Shen cites the challenge of making individualized inference from group-based data as one of the major ones facing use of neuroscience evidence in the court. “This issue has come up in the context of juvenile justice, where the adolescent brain development data confirms behavioral data that on average 17-year-olds are more impulsive than adults, but does not tell us whether a particular 17-year-old, namely the one on trial, was less able to control his/her actions on the day and in the manner in question,” he says.
Indeed, B.J. Casey of the Weill Medical College of Cornell University says that too often we overgeneralize the lack of self control among adolescents. Although adolescents do show poor self control as a group, some situations and individuals are more prone to this breakdown than others.
“It is not that teens can’t make decisions, they can and they can do so efficiently,” Casey says. “It is when they must make decisions in the heat of the moment – in presence of potential or perceived threats, among peers – that the court should consider diminished responsibility of teens while still holding them accountable for their behavior.” Research suggests that this diminished ability is due to the immature development of circuitry involved in processing of negative or positive cues in the environment in the subcortical limbic regions and then in regulating responses to those cues in the prefrontal cortex.
The body of research to date is at the group-level, however, and is not yet able to comment on the neurobiological maturity of an individual adolescent. To help provide more guidance on this issue in legal settings, Casey and colleagues are working alongside legal scholars on a developmental imaging study, funded by the MacArthur Foundation, that is examining behaviors relevant to juvenile criminal behavior, including impulsivity and peer influence.
Making real-world connections
The same type of work – to connect brain imaging to particular behaviors in the real-world – is ongoing in a number of other areas, including fMRI-based lie detection and linking negligence to specific mental states. “It’s a big leap to go from a laboratory setting, in which impulse control may be measured by one’s ability to not press a button in response to a stimulus, to the real-world, where the question is whether someone had requisite self-control not to tie up an innocent person and throw them off a bridge.” Shen says. “I don’t see neuroscience solving these big problems anytime soon, and so the question for law becomes: What do we do with this uncertainty?
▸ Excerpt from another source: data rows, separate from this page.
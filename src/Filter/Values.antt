-- ===== src/Filter/Values.antt =====
-- e-util/e-filter-part.c: e_filter_part_copy_values between parts of one kind.
use mathlib.Core.List.{reverse_aux, reverse-reverse}
use e_mail_factory.Base.{◌≡◌, refl, ap, ◌∙◌, true, List, [], ◌∷◌, map, reverse, some, All}
use e_mail_factory.Filter.{ElementClass, FilterPart}
use e_mail_factory.Filter.Parts.{copy_to_first, copy_backwards, copy_values}

map-reverse_aux {ℓ κ} :
    {A : Type ℓ} {B : Type κ} (f : A → B) (xs ys : List A)
    → map f (reverse_aux xs ys) ≡ reverse_aux (map f xs) (map f ys)
map-reverse_aux f [] ys = refl
map-reverse_aux f (x ∷ xs) ys = map-reverse_aux f xs (x ∷ ys)

module _ {ℓ} {E : Type ℓ} ⦃c : ElementClass E⦄ where
  abbrev pub HaveSameType : List (E × E) → Type 0
  HaveSameType ps = All (λ (p : E × E). c.same_type p.0 p.1 ≡ true) ps

  copy_backwards-map :
      (ps : List (E × E))
      → HaveSameType ps
      → copy_backwards (map (λ (p : E × E). p.1) ps) (map (λ (p : E × E). p.0) ps)
        ≡ map (λ (p : E × E). c.copy_value p.0 p.1) ps
  unfolding copy_backwards copy_to_first
  copy_backwards-map [] same = refl
  copy_backwards-map ((dst, src) ∷ ps) same =
      let first : copy_to_first src (dst ∷ map (λ (p : E × E). p.0) ps)
          ≡ some (c.copy_value dst src ∷ [], map (λ (p : E × E). p.0) ps) =
        rw (same.0, copy_to_first) refl in
      rw (first, copy_backwards) (rw (copy_backwards-map ps same.1) refl)

  HaveSameType-reverse_aux :
      (ps qs : List (E × E)) → HaveSameType ps → HaveSameType qs → HaveSameType (reverse_aux ps qs)
  HaveSameType-reverse_aux [] qs here there = there
  HaveSameType-reverse_aux (p ∷ ps) qs here there =
      HaveSameType-reverse_aux ps (p ∷ qs) here.1 (here.0, there)

  -- Between parts whose elements have the same types in the same order, each element gets the value of
  -- the element at its place.
  pub copy_values-map :
      (dst src : FilterPart E) (ps : List (E × E))
      → dst.elements ≡ map (λ (p : E × E). p.0) ps
      → src.elements ≡ map (λ (p : E × E). p.1) ps
      → HaveSameType ps
      → (copy_values dst src).elements ≡ map (λ (p : E × E). c.copy_value p.0 p.1) ps
  unfolding copy_values
  copy_values-map dst src ps dsts srcs same =
      let back = HaveSameType-reverse_aux ps [] same tt in
      ap (λ (es : List E). reverse (copy_backwards (reverse es) (reverse dst.elements))) srcs
      ∙ ap
          (λ (es : List E).
            reverse (copy_backwards (reverse (map (λ (p : E × E). p.1) ps)) (reverse es)))
          dsts
      ∙ rw (← map-reverse_aux (λ (p : E × E). p.1) ps []) (
          rw (← map-reverse_aux (λ (p : E × E). p.0) ps []) (
            rw (copy_backwards-map (reverse ps) back) (
              rw (← map-reverse_aux (λ (p : E × E). c.copy_value p.0 p.1) (reverse ps) [])
                (rw (reverse-reverse ps) refl))))
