-- ===== src/FolderCache.antt =====
-- libemail-engine/mail-folder-cache.c: the data that MailFolderCache keeps.
-- Stores, folders, idle sources and pending requests are addresses, so they are numbers; a folder
-- name or URI is the list of its bytes.
pub mod Updates
pub mod Uris
pub mod Callbacks
pub mod Stores
pub mod Rename
pub mod Flush
pub mod Events
pub mod Cases
pub mod Scheduled
pub mod Delivery
pub mod Endless
pub mod Trees
pub mod Tables
pub mod Renaming
pub mod NewMail
pub mod Announced
pub mod UriLists
pub mod Lookups
pub mod Removal
pub mod Counts
use e_mail_factory.Base.{ℕ, Text, ℤ, Bool, List, Option}

-- What the cache asks Camel, GLib and the account registry during one call. The answers are
-- arguments of the operations; `source_id` is what g_idle_add_full returns, and `is_held` tells whether
-- anything else holds a reference to a folder when the idle callback gives its own back.
pub record Camel : Type 0 where
  pub full_name : ℕ → Text
  pub parent_store : ℕ → ℕ
  pub folder_is_sent : ℕ → Bool
  pub folder_is_drafts : ℕ → Bool
  pub folder_is_outbox : ℕ → Bool
  pub is_vtrash_folder : ℕ → Bool
  pub message_count : ℕ → ℤ
  pub deleted_message_count : ℕ → ℤ
  pub junk_count : ℕ → ℕ
  pub unread_message_count : ℕ → ℤ
  pub is_vee_store : ℕ → Bool
  pub has_vjunk : ℕ → Bool
  pub has_vtrash : ℕ → Bool
  pub is_subscribable : ℕ → Bool
  pub has_folder_hierarchy : ℕ → Bool
  pub must_go_online : ℕ → Bool
  pub is_vee_folder : ℕ → Bool
  pub local_drafts : ℕ
  pub local_outbox : ℕ
  pub local_sent : ℕ
  pub is_local_store : ℕ → Bool
  pub local_folders : List ℕ
  pub is_remote : ℕ → Bool
  pub vjunk_name : Text
  pub vtrash_name : Text
  pub junk_folder : ℕ → Option ℕ
  pub trash_folder : ℕ → Option ℕ
  pub get_folder : ℕ → Text → Option ℕ
  pub is_held : ℕ → Bool
  pub uri_build : ℕ → Text → Text
  pub uri_equal : Text → Text → Bool
  pub uri_folder_name : Text → Option Text
  pub noselect : ℕ → Bool
  pub source_id : ℕ

-- CamelMessageInfo, as far as folder_changed_cb reads it. A date is a time_t that is not negative.
pub record MessageInfo : Type 0 where
  pub uid : Text
  pub sender : Text
  pub subject : Text
  pub seen : Bool
  pub junk : Bool
  pub is_deleted : Bool
  pub date_received : ℕ

-- CamelFolderInfo: a node with its first child and its next sibling.
pub data FolderTree : Type 0 where
  nil : FolderTree
  node : Text → ℕ → ℤ → FolderTree → FolderTree → FolderTree

-- struct _folder_info, without the link to its store: an entry stands in its store's table.
pub record FolderInfo : Type 0 where
  pub full_name : Text
  pub flags : ℕ
  pub has_children : Bool
  pub folder : Option ℕ

-- struct _folder_update
pub record FolderUpdate : Type 0 where
  pub is_remove : Bool
  pub is_delete : Bool
  pub is_add : Bool
  pub is_unsub : Bool
  pub new_mail : ℕ
  pub full_name : Text
  pub oldfull : Option Text
  pub unread : ℤ
  pub store : ℕ
  pub msg_uid : Option Text
  pub msg_sender : Option Text
  pub msg_subject : Option Text

-- struct _StoreInfo; a request is the address of its struct _update_data with its cancellable, which
-- may be NULL.
pub record StoreInfo : Type 0 where
  pub folders : List (Text × FolderInfo)
  pub store : ℕ
  pub first_update : Bool
  pub vjunk : Option ℕ
  pub vtrash : Option ℕ
  pub folderinfo_updates : List (ℕ × Option ℕ)

-- struct _MailFolderCachePrivate, and the table `last_newmail_per_folder` that folder_changed_cb
-- keeps in a static variable, with each time_t as it is stored. `update_id` is 0 while no flush is
-- scheduled. The cancellables that the cache cancelled are noted in `cancelled`. A key of a store's
-- table whose string was freed while it stands in the table is noted in `freed_keys`: what a later
-- lookup of it gives is not defined, so a model state says something of the program while there is
-- none.
pub record Cache : Type 0 where
  pub stores : List (ℕ × StoreInfo)
  pub updates : List FolderUpdate
  pub update_id : ℕ
  pub count_sent : Bool
  pub count_trash : Bool
  pub local_folder_uris : List Text
  pub remote_folder_uris : List Text
  pub last_newmail_per_folder : List (ℕ × ℤ)
  pub cancelled : List ℕ
  pub freed_keys : List (ℕ × Text)

-- The asynchronous calls that note_store starts: bring a store online, or ask for its folders.
-- Both carry the address of their struct _update_data.
pub data Request : Type 0 where
  store_go_online : ℕ → ℕ → Request
  store_get_folder_info : ℕ → ℕ → Request

-- The signals of the class, with their arguments.
pub data Signal : Type 0 where
  folder_available : ℕ → Text → Signal
  folder_unavailable : ℕ → Text → Signal
  folder_deleted : ℕ → Text → Signal
  folder_renamed : ℕ → Option Text → Text → Signal
  folder_unread_updated : ℕ → Text → ℤ → Signal
  folder_changed : ℕ → Text → ℕ → Option Text → Option Text → Option Text → Signal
I think this is where we’re at right now, and where we’ll be for some time.”
“With a few notable exceptions such as death penalty cases, cases where a juvenile is facing a very stiff sentence, and litigating brain injury claims, ‘law and neuroscience’ is not familiar to most lawyers,” Shen says. “But this might change – and soon.” The ongoing work is vital, he says, for laying a foundation for a future that’s yet to come, and he hopes that more neuroscientists will increasingly collaborate with legal scholars.